Espinal warned that the situation was "still very delicate" and has
been complicated by economic problems of the region, the report
discloses.

EFE News notes that Latin America has large pockets of poverty and
a high proportion of informal workers without health coverage or
any means of surviving in lockdown, which has pushed some countries
to consider de-escalation before they have reduced their contagion
rates.

Despite recommendations from PAHO that it is not yet time to
reopen, "each country is sovereign", the report quoted Mr. Espinal
as saying.

Espinal added that the organization understands "that many people
without permanent work have to look for the support of their
families," the report relays.

The expert urged countries to reopen in a "gradual and analytical"
way and encouraged each nation to decide on responsible economic
and financial measures, along with public health authorities and
community representatives, the report notes.

Espinal said Latin American countries have had more time than
Europe to implement prevention measures such as social distancing
and awareness campaigns but warned that many of their health
services are not sufficiently financed for this kind of emergency,
the report says.

"PAHO recommends that countries invest at least six percent of
gross domestic product in public health but most of them do not
reach that figure," Espinal added.

Espinal said he hopes the pandemic will help governments in the
area to become more aware of the need of a properly funded health
service, the report relays.

"The investment must be in quantity and quality for years because
it is not only about dealing with Covid but also other diseases
that are going to come in a region where we already had Zika or
H1N1 flu," he cautioned, the report notes.

Brazil is the second-worst affected country in the world with
almost 700,000 infections and 37,000 deaths, the report discloses.
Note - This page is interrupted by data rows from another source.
-- ===== src/Value.antt =====
-- Python values as graph state and node deltas hold them: what JSON has, tuples, and objects that
-- are compared by identity. Floats are left out.
use perpetua_core.Prelude.{
  ℕ, suc, String, ◌≡◌, refl, ap, Bool, true, false, ◌&&◌, Option, none, some, List, [], ◌∷◌, ◌==◌,
  eqb, if◌then◌else◌, Dict, not,
}

-- `negsuc n` is -(n + 1).
pub data ℤ : Type 0 where
  pos : ℕ → ℤ
  negsuc : ℕ → ℤ

mutual
  -- `atom` is an object that `copy.deepcopy` returns as it is, such as a function or a class, by its
  -- type's name and its identity.
  pub data Value : Type 0 where
    null : Value
    boolean : Bool → Value
    int : ℤ → Value
    text : String → Value
    list : Items → Value
    tuple : Items → Value
    dict : Fields → Value
    atom : String → ℕ → Value

  pub data Fields : Type 0 where
    end : Fields
    field : String → Value → Fields → Fields

  pub data Items : Type 0 where
    nil : Items
    cons : Value → Items → Items

unfoldable pub to_items : List Value → Items
to_items [] = nil
to_items (x ∷ xs) = cons x (to_items xs)

unfoldable pub of_items : Items → List Value
of_items nil = []
of_items (cons x xs) = x ∷ of_items xs

unfoldable pub to_fields : Dict Value → Fields
to_fields [] = end
to_fields ((k, v) ∷ d) = field k v (to_fields d)

unfoldable pub of_fields : Fields → Dict Value
of_fields end = []
of_fields (field k v d) = (k, v) ∷ of_fields d

pub of_items-to_items : (xs : List Value) → of_items (to_items xs) ≡ xs
unfolding of_items to_items
of_items-to_items [] = refl
of_items-to_items (x ∷ xs) = ap (λ ys. x ∷ ys) (of_items-to_items xs)

pub of_fields-to_fields : (d : Dict Value) → of_fields (to_fields d) ≡ d
unfolding of_fields to_fields
of_fields-to_fields [] = refl
of_fields-to_fields ((k, v) ∷ d) = ap (λ e. (k, v) ∷ e) (of_fields-to_fields d)

abbrev eq_ℤ : ℤ → ℤ → Bool
eq_ℤ (pos m) (pos n) = eqb m n
eq_ℤ (negsuc m) (negsuc n) = eqb m n
eq_ℤ _ _ = false

-- `True == 1` holds in Python: a `bool` is an `int`.
abbrev bool_number : Bool → ℤ
bool_number true = pos 1
bool_number false = pos 0

abbrev is_number : ℤ → Value → Bool
is_number n (boolean b) = eq_ℤ n (bool_number b)
is_number n (int m) = eq_ℤ n m
is_number n _ = false

abbrev is_text : String → Value → Bool
is_text s (text t) = s == t
is_text s _ = false

abbrev is_null : Value → Bool
is_null null = true
is_null _ = false

abbrev is_atom : ℕ → Value → Bool
is_atom i (atom t j) = eqb i j
is_atom i _ = false

abbrev list_of : Value → Option Items
list_of (list xs) = some xs
list_of _ = none

abbrev tuple_of : Value → Option Items
tuple_of (tuple xs) = some xs
tuple_of _ = none

abbrev pub dict_of : Value → Option Fields
dict_of (dict d) = some d
dict_of _ = none

abbrev pub is_dict : Value → Bool
is_dict (dict d) = true
is_dict _ = false

field_lookup : String → Fields → Option Value
field_lookup k end = none
field_lookup k (field j v d) = if j == k then some v else field_lookup k d

field_count : Fields → ℕ
field_count end = 0
field_count (field k v d) = suc (field_count d)

-- Python's `==`. Two dicts are equal whatever the order of their keys.
unfoldable mutual
  unfolding field_lookup field_count

  pub value_eq : Value → Value → Bool
  value_eq null v = is_null v
  value_eq (boolean b) v = is_number (bool_number b) v
  value_eq (int n) v = is_number n v
  value_eq (text s) v = is_text s v
  value_eq (list xs) v = elim (list_of v) [ none ↦ false | some ys ↦ items_eq xs ys ]
  value_eq (tuple xs) v = elim (tuple_of v) [ none ↦ false | some ys ↦ items_eq xs ys ]
  value_eq (dict d) v = elim (dict_of v) [
    | none ↦ false
    | some e ↦ eqb (field_count d) (field_count e) && fields_eq d e
  ]
  value_eq (atom t i) v = is_atom i v

  pub items_eq : Items → Items → Bool
  items_eq nil nil = true
  items_eq nil (cons y ys) = false
  items_eq (cons x xs) nil = false
  items_eq (cons x xs) (cons y ys) = value_eq x y && items_eq xs ys

  pub fields_eq : Fields → Fields → Bool
  fields_eq end e = true
  fields_eq (field k v d) e = elim (field_lookup k e) [
    | none ↦ false
    | some w ↦ value_eq v w && fields_eq d e
  ]

-- `v in vs`
unfoldable pub is_in : Value → List Value → Bool
is_in v [] = false
is_in v (w ∷ ws) = if value_eq w v then true else is_in v ws

characters : String → List Value
characters String.[] = []
characters (String.◌∷◌ c s) = text (String.◌∷◌ c String.[]) ∷ characters s

key_values : Fields → List Value
key_values end = []
key_values (field k v d) = text k ∷ key_values d

-- `[*v]`: a list of what iterating over `v` gives; `none` where `v` is not iterable.
unfoldable pub iterate : Value → Option (List Value)
unfolding characters key_values
iterate (list xs) = some (of_items xs)
iterate (tuple xs) = some (of_items xs)
iterate (text s) = some (characters s)
iterate (dict d) = some (key_values d)
iterate _ = none

-- `{**v}`: the items of a mapping; `none` where `v` is none.
unfoldable pub mapping : Value → Option (Dict Value)
mapping (dict d) = some (of_fields d)
mapping _ = none

-- What `json.dumps` accepts.
unfoldable mutual
  pub is_json : Value → Bool
  is_json (list xs) = items_json xs
  is_json (tuple xs) = items_json xs
  is_json (dict d) = fields_json d
  is_json (atom t i) = false
  is_json null = true
  is_json (boolean b) = true
  is_json (int n) = true
  is_json (text s) = true

  pub items_json : Items → Bool
  items_json nil = true
  items_json (cons x xs) = is_json x && items_json xs

  pub fields_json : Fields → Bool
  fields_json end = true
  fields_json (field k v d) = is_json v && fields_json d

-- Whether `hash` takes the value: lists and dicts are refused, also inside tuples.
unfoldable mutual
  pub is_hashable : Value → Bool
  is_hashable null = true
  is_hashable (boolean b) = true
  is_hashable (int n) = true
  is_hashable (text s) = true
  is_hashable (list xs) = false
  is_hashable (tuple xs) = all_hashable xs
  is_hashable (dict d) = false
  is_hashable (atom t i) = true

  pub all_hashable : Items → Bool
  all_hashable nil = true
  all_hashable (cons x xs) = is_hashable x && all_hashable xs

-- `bool(v)`
abbrev pub is_truthy : Value → Bool
is_truthy null = false
is_truthy (boolean b) = b
is_truthy (int n) = not (eq_ℤ n (pos 0))
is_truthy (text s) = not (s == "")
is_truthy (list nil) = false
is_truthy (tuple nil) = false
is_truthy (dict end) = false
is_truthy _ = true

dicts_unordered :
    value_eq
      (dict (field "a" null (field "b" (int (pos 1)) end)))
      (dict (field "b" (boolean true) (field "a" null end)))
    ≡ true
unfolding value_eq
dicts_unordered = refl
Elsewhere in the region, Peru has reported almost 200,000
infections, Chile 134,000 and Mexico nearly 120,000, the report
says.

PAHO and WHO have expressed concerns about Haiti, which has one of
the weakest health systems in the region, and Nicaragua, the report
notes.

EFE News relays that Espinal said the latter country "was de facto
trying to adopt group immunity" that has already been tried and
failed in European countries like Sweden and the United Kingdom.

He added that some Latin American governments took preventive
measures relatively early, such as Colombia and the Dominican
Republic, the report relays.

Espinal highlighted the "excellent testing program" of nations such
as Chile and Uruguay, which have carried out 30,000 and 14,000
tests per million inhabitants, respectively, the report adds.